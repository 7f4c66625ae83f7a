-- ===== src/Server/Mfa/Recovery.antt =====
-- New recovery codes: `generate` of auth-provider/server/src/mfa/mfa-recovery-code.service.ts, and the
-- writes that put them in the place of the old ones (mfa-enrollment.service.ts and
-- mfa-management.service.ts beside it).
use Prim.Native.String
use seleksi2_labpro.Prelude.{
  ℕ, zero, suc, ◌-◌, String, List, [], ◌∷◌, Option, none, some, ◌===◌, gets, or_throw, modify,
  ◌>>=◌, ◌>>◌, map,
}
use seleksi2_labpro.Database.{Prisma, create, delete_many}
use seleksi2_labpro.Schema.Sessions.{MfaRecoveryCode}
use seleksi2_labpro.Server.Store.{ServerStore, Handler, unique_constraint}
use seleksi2_labpro.Server.Runtime.{Runtime}
use seleksi2_labpro.Server.Mfa.Codes.{hash_recovery_code}

-- A code that `randomInt` drew, with the identifier that its row gets.
pub record DrawnCode : Type 0 where
  pub id : String
  pub compact : String

abbrev pub take_text : ℕ → String → String
take_text zero s = ""
take_text (suc n) String.[] = ""
take_text (suc n) (String.◌∷◌ c s) = String.◌∷◌ c (take_text n s)

abbrev pub drop_text : ℕ → String → String
drop_text zero s = s
drop_text (suc n) String.[] = ""
drop_text (suc n) (String.◌∷◌ c s) = drop_text n s

-- `slice`
abbrev pub slice : ℕ → ℕ → String → String
slice from to s = take_text (to - from) (drop_text from s)

abbrev join_text : String → String → String
join_text = String.◌++◌

-- `format`
unfoldable pub format : String → String
format code =
    join_text (slice 0 4 code)
      (join_text "-" (join_text (slice 4 8 code) (join_text "-" (slice 8 12 code))))

-- `as string`: a code that was drawn has the pattern, so that its hash is there.
abbrev pub as_text : Option String → String
as_text none = ""
as_text (some s) = s

abbrev pub new_code : Runtime → String → DrawnCode → MfaRecoveryCode
new_code rt user_id d = record {
  id = d.id;
  user_id = user_id;
  code_hash = as_text (hash_recovery_code rt user_id (format d.compact));
  used_at = none;
}

-- `generate`, for the codes that its loop draws: the codes that the user is shown, and the rows.
abbrev pub raw_codes : List DrawnCode → List String
raw_codes = map (λ (d : DrawnCode). format d.compact)

abbrev pub code_rows : Runtime → String → List DrawnCode → List MfaRecoveryCode
code_rows rt user_id = map (new_code rt user_id)

module _ ⦃db : Prisma⦄ where
  abbrev pub create_next : List MfaRecoveryCode → MfaRecoveryCode → Option (List MfaRecoveryCode)
  create_next t r = create (λ (x : MfaRecoveryCode). x.code_hash === r.code_hash) r t

  -- `createMany`: all the rows or, where a hash is taken, none.
  unfoldable pub create_rows :
      List MfaRecoveryCode → List MfaRecoveryCode → Option (List MfaRecoveryCode)
  create_rows [] t = some t
  create_rows (r ∷ rs) t = elim (create_next t r) [ none ↦ none | some t' ↦ create_rows rs t' ]

  abbrev pub without_codes : String → ServerStore → ServerStore
  without_codes user_id s = record s {
    recovery_codes =
        (delete_many (λ (r : MfaRecoveryCode). r.user_id === user_id) s.recovery_codes).0;
  }

  -- `deleteMany` and `createMany` in a row.
  unfoldable pub replace_codes : String → List MfaRecoveryCode → Handler (Unit {0})
  unfolding create_rows
  replace_codes user_id rows = do
    modify (without_codes user_id)
    made ← gets (λ s. create_rows rows s.recovery_codes)
    t ← or_throw made unique_constraint
    modify (λ s. record s { recovery_codes = t })
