-- ===== src/Server/Mfa/Accepted.antt =====
-- A recovery code that a user is shown is one that the user may enter (mfa-recovery-code.service.ts).
use Prim.Native.String
use Prim.Native.String.append
use Prim.Native.Char.{Char, code}
use seleksi2_labpro.Prelude.{
  ℕ, zero, suc, ◌+◌, ◌≤◌, ◌≡◌, refl, ap, sym, ◌∙◌, String, true, false, some, arith, Bool-cases,
  inl, inr, length, ◌==◌,
}
use seleksi2_labpro.Shared.Pattern.{codes}
use seleksi2_labpro.Server.Runtime.{Runtime, every}
use seleksi2_labpro.Server.Mfa.Codes.{
  is_recovery_char, without_dashes, normalize_recovery_code, hash_recovery_code,
}
use seleksi2_labpro.Server.Mfa.Recovery.{take_text, drop_text, slice, format, DrawnCode, new_code}

abbrev joined : String → String → String
joined = String.◌++◌

joined_nil : (t : String) → joined "" t ≡ t
joined_nil t = append.nil t

joined_cons : (c : Char) (s t : String) → joined (String.◌∷◌ c s) t ≡ String.◌∷◌ c (joined s t)
joined_cons c s t = append.cons c s t

without_dashes-joined :
    (s t : String) → without_dashes (joined s t) ≡ joined (without_dashes s) (without_dashes t)
unfolding without_dashes
without_dashes-joined String.[] t = ap without_dashes (joined_nil t) ∙ sym (joined_nil _)
without_dashes-joined (String.◌∷◌ c s) t =
    ap without_dashes (joined_cons c s t) ∙ elim (Bool-cases (code c == b'-')) [
      | inl dash ↦ rw dash (without_dashes-joined s t)
      | inr other ↦
          rw other (ap (String.◌∷◌ c) (without_dashes-joined s t) ∙ sym (joined_cons c _ _))
    ]

-- A text of the codes' characters.
abbrev IsCode : String → Type 0
IsCode s = every is_recovery_char (codes s) ≡ true

no_dash : (n : ℕ) → is_recovery_char n ≡ true → (n == b'-') ≡ false
no_dash n h = ground arith

without_dashes-IsCode : (s : String) → IsCode s → without_dashes s ≡ s
unfolding without_dashes every
without_dashes-IsCode String.[] h = refl
without_dashes-IsCode (String.◌∷◌ c s) h =
    let ok : is_recovery_char (code c) ≡ true = ground arith in
    rw (no_dash (code c) ok) (ap (String.◌∷◌ c) (without_dashes-IsCode s (ground arith)))

take_text-IsCode : (n : ℕ) (s : String) → IsCode s → IsCode (take_text n s)
unfolding every
take_text-IsCode zero s h = refl
take_text-IsCode (suc n) String.[] h = refl
take_text-IsCode (suc n) (String.◌∷◌ c s) h = ground (arith, take_text-IsCode n s)

drop_text-IsCode : (n : ℕ) (s : String) → IsCode s → IsCode (drop_text n s)
unfolding every
drop_text-IsCode zero s h = h
drop_text-IsCode (suc n) String.[] h = refl
drop_text-IsCode (suc n) (String.◌∷◌ c s) h = drop_text-IsCode n s (ground arith)

take-drop : (n : ℕ) (s : String) → joined (take_text n s) (drop_text n s) ≡ s
take-drop zero s = joined_nil s
take-drop (suc n) String.[] = joined_nil ""
take-drop (suc n) (String.◌∷◌ c s) = joined_cons c _ _ ∙ ap (String.◌∷◌ c) (take-drop n s)

take_all : (n : ℕ) (s : String) → length (codes s) ≤ n → take_text n s ≡ s
take_all zero String.[] h = refl
take_all zero (String.◌∷◌ c s) h = absurd (omega arith)
take_all (suc n) String.[] h = refl
take_all (suc n) (String.◌∷◌ c s) h = ap (String.◌∷◌ c) (take_all n s (omega arith))

drop_drop : (m n k : ℕ) (s : String) → k ≡ n + m → drop_text m (drop_text n s) ≡ drop_text k s
drop_drop m zero k s e = let same : m ≡ k = omega arith in ap (λ x. drop_text x s) same
drop_drop m (suc n) zero s e = absurd (omega arith)
drop_drop zero (suc n) (suc k) String.[] e = refl
drop_drop (suc m) (suc n) (suc k) String.[] e = refl
drop_drop m (suc n) (suc k) (String.◌∷◌ c s) e = drop_drop m n k s (omega arith)

length-drop_text :
    (n : ℕ) (s : String)
    → n ≤ length (codes s)
    → n + length (codes (drop_text n s)) ≡ length (codes s)
length-drop_text zero s h = omega arith
length-drop_text (suc n) String.[] h = omega arith
length-drop_text (suc n) (String.◌∷◌ c s) h = omega (arith, length-drop_text n s)

slices :
    (s : String)
    → length (codes s) ≡ 12
    → joined (slice 0 4 s) (joined (slice 4 8 s) (slice 8 12 s)) ≡ s
slices s n =
    ap (λ t. joined (take_text 4 s) (joined (take_text 4 (drop_text 4 s)) t))
      (take_all 4 (drop_text 8 s) (omega (arith, length-drop_text 8 s))
        ∙ sym (drop_drop 4 4 8 s (omega arith)))
    ∙ ap (joined (take_text 4 s)) (take-drop 4 (drop_text 4 s))
    ∙ take-drop 4 s

dash_between :
    (s t : String)
    → IsCode s
    → without_dashes (joined s (joined "-" t)) ≡ joined s (without_dashes t)
unfolding without_dashes
dash_between s t h =
    without_dashes-joined s (joined "-" t)
    ∙ ap (λ x. joined x (without_dashes (joined "-" t))) (without_dashes-IsCode s h)
    ∙ ap (joined s) (without_dashes-joined "-" t ∙ joined_nil _)

without_dashes-format :
    (s : String) → length (codes s) ≡ 12 → IsCode s → without_dashes (format s) ≡ s
unfolding format
without_dashes-format s n h =
    dash_between (slice 0 4 s) _ (take_text-IsCode 4 s h)
    ∙ ap (joined (slice 0 4 s)) (
        dash_between (slice 4 8 s) _ (take_text-IsCode 4 _ (drop_text-IsCode 4 s h))
        ∙ ap (joined (slice 4 8 s))
            (without_dashes-IsCode (slice 8 12 s) (take_text-IsCode 4 _ (drop_text-IsCode 8 s h))))
    ∙ slices s n

normalize-format :
    (rt : Runtime) (s : String)
    → length (codes s) ≡ 12
    → IsCode s
    → rt.normalize_upper (format s) ≡ format s
    → normalize_recovery_code rt (format s) ≡ some s
unfolding normalize_recovery_code
normalize-format rt s n h e = rw (e, without_dashes-format s n h, h, n) refl

-- A recovery code as a user is shown it, of twelve characters of the alphabet, is normalized to the
-- code that was drawn, and its hash is the one in the code's row, where trimming and upper-casing
-- leave it as it is.
pub shown_accepted :
    (rt : Runtime) (user_id : String) (d : DrawnCode)
    → length (codes d.compact) ≡ 12
    → every is_recovery_char (codes d.compact) ≡ true
    → rt.normalize_upper (format d.compact) ≡ format d.compact
    → (normalize_recovery_code rt (format d.compact) ≡ some d.compact)
      × (hash_recovery_code rt user_id (format d.compact) ≡ some (new_code rt user_id d).code_hash)
unfolding hash_recovery_code
shown_accepted rt user_id d n h e = let k = normalize-format rt d.compact n h e in (k, rw k refl)
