-- ===== src/Server/Mfa/Once.antt =====
-- A challenge is completed at most once (mfa-challenge.service.ts).

use seleksi2_labpro.Prelude.{
  ap, ◌≢◌, same_text, ℕ, ◌≡◌, refl, sym, subst, ◌∙◌, String, Bool, true, false, not, ◌&&◌, Option,
  none, some, List, ok, err, Result, arith, Bool-cases, inl, inr, is_some, find_by, update_where,
  after, ◌>>=◌, modify, if◌then◌else◌, ◌===◌,
}
use seleksi2_labpro.Prelude.Moves.{Moves, IsPreorder, Moves-modify, moves_rules}
use seleksi2_labpro.Prelude.Ensures.{Ensures, Ensures-then_throw}
use seleksi2_labpro.Database.{Prisma, reference, IsDocumented, documented, transaction, rollback}
use seleksi2_labpro.Database.Rows.{find_by-update_where}
use seleksi2_labpro.Schema.Accounts.{User}
use seleksi2_labpro.Schema.Sessions.{
  MfaLoginChallenge, MfaLoginIntent, UserMfaTotp, MfaRecoveryCode, SsoSession, AuditLog,
}
use seleksi2_labpro.Server.Store.{
  ServerStore, ServerError, update_totps, update_recovery_codes, create_session, audited,
  unauthorized, mfa_race, bad_request, token_request, user_info, authorization_request,
  unique_constraint, not_found, conflict, record_not_found, Handler,
}
use seleksi2_labpro.Server.Runtime.{Runtime, Settings, Call, hash_secret}
use seleksi2_labpro.Server.Access.{SessionUser, issue, can_access}
use seleksi2_labpro.Server.Mfa.{
  CompletedMfaChallenge, Factor, complete, finish, seal, claim_factor, time_step, recovery, reject,
  is_token_hash, is_pending, close_challenge, is_acceptable, proved_factor, active_user,
  same_intent, catch_race, or_reject, complete_with, complete_for, complete_found, session_user,
}

abbrev pub IsUsed : String → List MfaLoginChallenge → Type 0
IsUsed h t =
    (r : MfaLoginChallenge) × (find_by (is_token_hash h) t ≡ some r) × (is_some r.used_at ≡ true)

-- The table of challenges is left alone.
abbrev pub Spares : ServerStore → ServerStore → Type 0
Spares s s' = s'.mfa_challenges ≡ s.mfa_challenges

Spares-preorder : IsPreorder Spares
Spares-preorder = record { stays = λ s. refl; joins = λ s t u h k. k ∙ h }

Spares-totps :
    (p : UserMfaTotp → Bool) (f : UserMfaTotp → UserMfaTotp)
    → Moves Spares (update_totps ⦃db = reference⦄ p f)
unfolding update_totps
Spares-totps p f = record { at = λ s. refl }

Spares-recovery_codes :
    (p : MfaRecoveryCode → Bool) (f : MfaRecoveryCode → MfaRecoveryCode)
    → Moves Spares (update_recovery_codes ⦃db = reference⦄ p f)
unfolding update_recovery_codes
Spares-recovery_codes p f = record { at = λ s. refl }

Spares-sessions :
    (t : List SsoSession)
    → Moves Spares (modify {E = ServerError} (λ s. record s { sso_sessions = t }))
Spares-sessions t = Moves-modify Spares-preorder _ (λ s. refl)

Spares-audited :
    (a : AuditLog) → Moves Spares (modify {E = ServerError} (audited ⦃db = reference⦄ a))
Spares-audited a = Moves-modify Spares-preorder _ (λ s. refl)

ruleset spares_rules = (
  Spares-preorder, moves_rules, Spares-totps, Spares-recovery_codes, Spares-sessions,
  Spares-audited,
)

module _ (rt : Runtime) (cfg : Settings) (c : Call) where
  claim_factor-Spares :
      (user_id : String) (f : Factor)
      → Moves Spares (claim_factor ⦃db = reference⦄ rt cfg c user_id f)
  unfolding claim_factor
  claim_factor-Spares user_id (time_step n) = search spares_rules
  claim_factor-Spares user_id (recovery id) = search spares_rules

  create_session-Spares :
      (p : SsoSession → Bool) (r : SsoSession) → Moves Spares (create_session ⦃db = reference⦄ p r)
  unfolding create_session
  create_session-Spares p r = search spares_rules

  issue-Spares :
      (user : SessionUser) (m : String) → Moves Spares (issue ⦃db = reference⦄ rt cfg c user m)
  unfolding issue
  issue-Spares user m = search (spares_rules, create_session-Spares)

  pub seal-Spares :
      (ch : MfaLoginChallenge) (user : SessionUser) (f : Factor) (n : ℕ)
      → Moves Spares (seal ⦃db = reference⦄ rt cfg c ch user f n)
  unfolding seal
  seal-Spares ch user f n = search (spares_rules, claim_factor-Spares, issue-Spares) depth 12

-- What a completed challenge is: it was unused, and is used.
abbrev pub Consumes : Runtime → String → ServerStore → ServerStore → Type 0
Consumes rt token s s' =
    (¬ IsUsed (hash_secret rt token) s.mfa_challenges)
    × IsUsed (hash_secret rt token) s'.mfa_challenges

reject-Consumes :
    (rt : Runtime) (cfg : Settings) (c : Call) (token : String) (o : Option MfaLoginChallenge)
    → Ensures (Consumes rt token) (reject ⦃db = reference⦄ rt cfg c {A = CompletedMfaChallenge} o)
unfolding reject ◌>>=◌
reject-Consumes rt cfg c token none = record { at = λ s v x. ground arith }
reject-Consumes rt cfg c token (some ch) = Ensures-then_throw _ _

module _ (rt : Runtime) (cfg : Settings) (c : Call) (token : String) (s : ServerStore)
    (ch : MfaLoginChallenge) (user : User) (mfa : UserMfaTotp) (intents : List MfaLoginIntent)
    (may_administrate : Bool)
    (found : find_by (is_token_hash (hash_secret rt token)) s.mfa_challenges ≡ some ch)
    (owner : find_by (λ (u : User). u.id === ch.user_id) s.users ≡ some user)
    (fits : is_acceptable ⦃db = reference⦄ rt cfg c ch user mfa intents may_administrate
      ≡ true) where
  unused : ¬ IsUsed (hash_secret rt token) s.mfa_challenges
  unfolding is_acceptable
  unused (r, here, used) = ground arith

  is_claimed :
      is_pending ch c.now cfg.mfa_challenge_max_attempts
        (active_user ⦃db = reference⦄ rt cfg c s)
        ch
      ≡ true
  unfolding is_acceptable
  is_claimed = ground (arith, same_text ch.id)

  claimed_row :
      find_by (is_token_hash (hash_secret rt token)) (
        update_where
          (is_pending ch c.now cfg.mfa_challenge_max_attempts
            (active_user ⦃db = reference⦄ rt cfg c s))
          (close_challenge c.now)
          s.mfa_challenges)
      ≡ some (close_challenge c.now ch)
  claimed_row = ground (
    arith,
    is_claimed,
    find_by-update_where (is_token_hash (hash_secret rt token))
        (is_pending ch c.now cfg.mfa_challenge_max_attempts
          (active_user ⦃db = reference⦄ rt cfg c s))
        (close_challenge c.now) s.mfa_challenges (λ x. refl),
  )

  finish-Consumes :
      (su : SessionUser) (f : Factor) (v : CompletedMfaChallenge)
      → (finish ⦃db = reference⦄ rt cfg c ch su f s).0 ≡ ok v
      → Consumes rt token s (finish ⦃db = reference⦄ rt cfg c ch su f s).1
  unfolding finish ◌>>=◌
  finish-Consumes su f v =
      passed
        (same_intent ch.intent MfaLoginIntent.admin
          && not (can_access ⦃db = reference⦄ ch.user_id s))
        _
        (
          unused,
          (
            close_challenge c.now ch,
            ap (find_by (is_token_hash (hash_secret rt token)))
                  ((seal-Spares rt cfg c ch su f _).at _)
                ∙ claimed_row,
            refl,
          ),
        )
    where
      passed :
          (b : Bool) (m : Handler CompletedMfaChallenge)
          → Consumes rt token s (m s).1
          → (after (if b then err mfa_race else ok tt) (λ (u : Unit {0}). m) s).0 ≡ ok v
          → Consumes rt token s
              (after (if b then err mfa_race else ok tt) (λ (u : Unit {0}). m) s).1
      passed true m h x = ground arith
      passed false m h x = h

  transaction-Consumes :
      (su : SessionUser) (f : Factor) (v : CompletedMfaChallenge)
      → (catch_race ⦃db = reference⦄ rt cfg c ch
          (transaction ⦃db = reference⦄ (finish ⦃db = reference⦄ rt cfg c ch su f))
          s).0
        ≡ ok v
      → Consumes rt token s
          (catch_race ⦃db = reference⦄ rt cfg c ch
            (transaction ⦃db = reference⦄ (finish ⦃db = reference⦄ rt cfg c ch su f))
            s).1
  unfolding ◌>>=◌
  transaction-Consumes su f v =
      caught (finish ⦃db = reference⦄ rt cfg c ch su f s) (finish-Consumes su f)
    where
      caught :
          (r : Result ServerError CompletedMfaChallenge × ServerStore)
          → ((w : CompletedMfaChallenge) → r.0 ≡ ok w → Consumes rt token s r.1)
          → (or_reject ⦃db = reference⦄ rt cfg c ch (rollback s r).0 (rollback s r).1).0 ≡ ok v
          → Consumes rt token s
              (or_reject ⦃db = reference⦄ rt cfg c ch (rollback s r).0 (rollback s r).1).1
      caught (ok w, t) h x = h w refl
      caught (err mfa_race, t) h x = (reject-Consumes rt cfg c token (some ch)).at s v x
      caught (err (unauthorized m), t) h x = ground arith
      caught (err (bad_request m), t) h x = ground arith
      caught (err (token_request m), t) h x = ground arith
      caught (err user_info, t) h x = ground arith
      caught (err (authorization_request m o p), t) h x = ground arith
      caught (err (not_found m), t) h x = ground arith
      caught (err (conflict m), t) h x = ground arith
      caught (err record_not_found, t) h x = ground arith
      caught (err unique_constraint, t) h x = ground arith

  with_factor :
      (admin : Bool) (o : Option Factor) (v : CompletedMfaChallenge)
      → (complete_with ⦃db = reference⦄ rt cfg c ch user admin o s).0 ≡ ok v
      → Consumes rt token s (complete_with ⦃db = reference⦄ rt cfg c ch user admin o s).1
  with_factor admin none v x = (reject-Consumes rt cfg c token (some ch)).at s v x
  with_factor admin (some f) v x =
      transaction-Consumes (session_user ⦃db = reference⦄ rt cfg c user admin) f v x

module _ (rt : Runtime) (cfg : Settings) (c : Call) (token code : String)
    (intents : List MfaLoginIntent) (s : ServerStore) where
  for_owner :
      (ch : MfaLoginChallenge) (owner : Option User) (factor : Option UserMfaTotp)
      → find_by (is_token_hash (hash_secret rt token)) s.mfa_challenges ≡ some ch
      → find_by (λ (u : User). u.id === ch.user_id) s.users ≡ owner
      → (v : CompletedMfaChallenge)
      → (complete_for ⦃db = reference⦄ rt cfg c ch code intents s owner factor s).0 ≡ ok v
      → Consumes rt token s
          (complete_for ⦃db = reference⦄ rt cfg c ch code intents s owner factor s).1
  for_owner ch (some user) (some mfa) found owner v =
      elim (Bool-cases (
        is_acceptable ⦃db = reference⦄ rt cfg c ch user mfa intents
          (can_access ⦃db = reference⦄ ch.user_id s))) [
            | inl fits ↦ rw fits (
                with_factor rt cfg c token s ch user mfa intents _ found owner fits _
                  (proved_factor ⦃db = reference⦄ rt cfg c ch mfa code s) v)
            | inr unfit ↦ rw unfit (λ x. (reject-Consumes rt cfg c token (some ch)).at s v x)
          ]
  for_owner ch none factor found owner v = λ x. (reject-Consumes rt cfg c token (some ch)).at s v x
  for_owner ch (some user) none found owner v =
      λ x. (reject-Consumes rt cfg c token (some ch)).at s v x

  complete-Consumes :
      (v : CompletedMfaChallenge)
      → (complete ⦃db = reference⦄ rt cfg c token code intents s).0 ≡ ok v
      → Consumes rt token s (complete ⦃db = reference⦄ rt cfg c token code intents s).1
  unfolding complete
  complete-Consumes v =
      for_found (find_by (is_token_hash (hash_secret rt token)) s.mfa_challenges) refl
    where
      for_found :
          (o : Option MfaLoginChallenge)
          → find_by (is_token_hash (hash_secret rt token)) s.mfa_challenges ≡ o
          → (complete_found ⦃db = reference⦄ rt cfg c code intents s o s).0 ≡ ok v
          → Consumes rt token s (complete_found ⦃db = reference⦄ rt cfg c code intents s o s).1
      for_found none e x = (reject-Consumes rt cfg c token none).at s v x
      for_found (some ch) e x = for_owner ch _ _ e refl v x

module _ ⦃db : Prisma⦄ (l : IsDocumented db) where
  -- A challenge that was completed once is never completed again, with whatever code, as long as
  -- the table of challenges is the one that the completion left.
  pub complete_once :
      (rt : Runtime) (cfg : Settings) (c c' : Call) (token code code' : String)
      (intents intents' : List MfaLoginIntent) (s s' : ServerStore) (v v' : CompletedMfaChallenge)
      → (complete rt cfg c token code intents s).0 ≡ ok v
      → s'.mfa_challenges ≡ (complete rt cfg c token code intents s).1.mfa_challenges
      → (complete rt cfg c' token code' intents' s').0 ≢ ok v'
  complete_once rt cfg c c' token code code' intents intents' s s' v v' first kept second =
      (complete-Consumes rt cfg c' token code' intents' s' v' (rw (documented l) at second)).0 (
        subst (IsUsed (hash_secret rt token)) (sym (rw (documented l) at kept))
          (complete-Consumes rt cfg c token code intents s v (rw (documented l) at first)).1)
══════════
=== Task requirements ===
Nothing should appear in the answer except the lines above from the line with "claimed_row = ground" through the line with "(same_intent ch.intent MfaLoginIntent.admin", both included, written out exactly.

=== Answer ===
  claimed_row = ground (
    arith,
    is_claimed,
    find_by-update_where (is_token_hash (hash_secret rt token))
        (is_pending ch c.now cfg.mfa_challenge_max_attempts
          (active_user ⦃db = reference⦄ rt cfg c s))
        (close_challenge c.now) s.mfa_challenges (λ x. refl),
  )

  finish-Consumes :
      (su : SessionUser) (f : Factor) (v : CompletedMfaChallenge)
      → (finish ⦃db = reference⦄ rt cfg c ch su f s).0 ≡ ok v
      → Consumes rt token s (finish ⦃db = reference⦄ rt cfg c ch su f s).1
  unfolding finish ◌>>=◌
  finish-Consumes su f v =
      passed
        (same_intent ch.intent MfaLoginIntent.admin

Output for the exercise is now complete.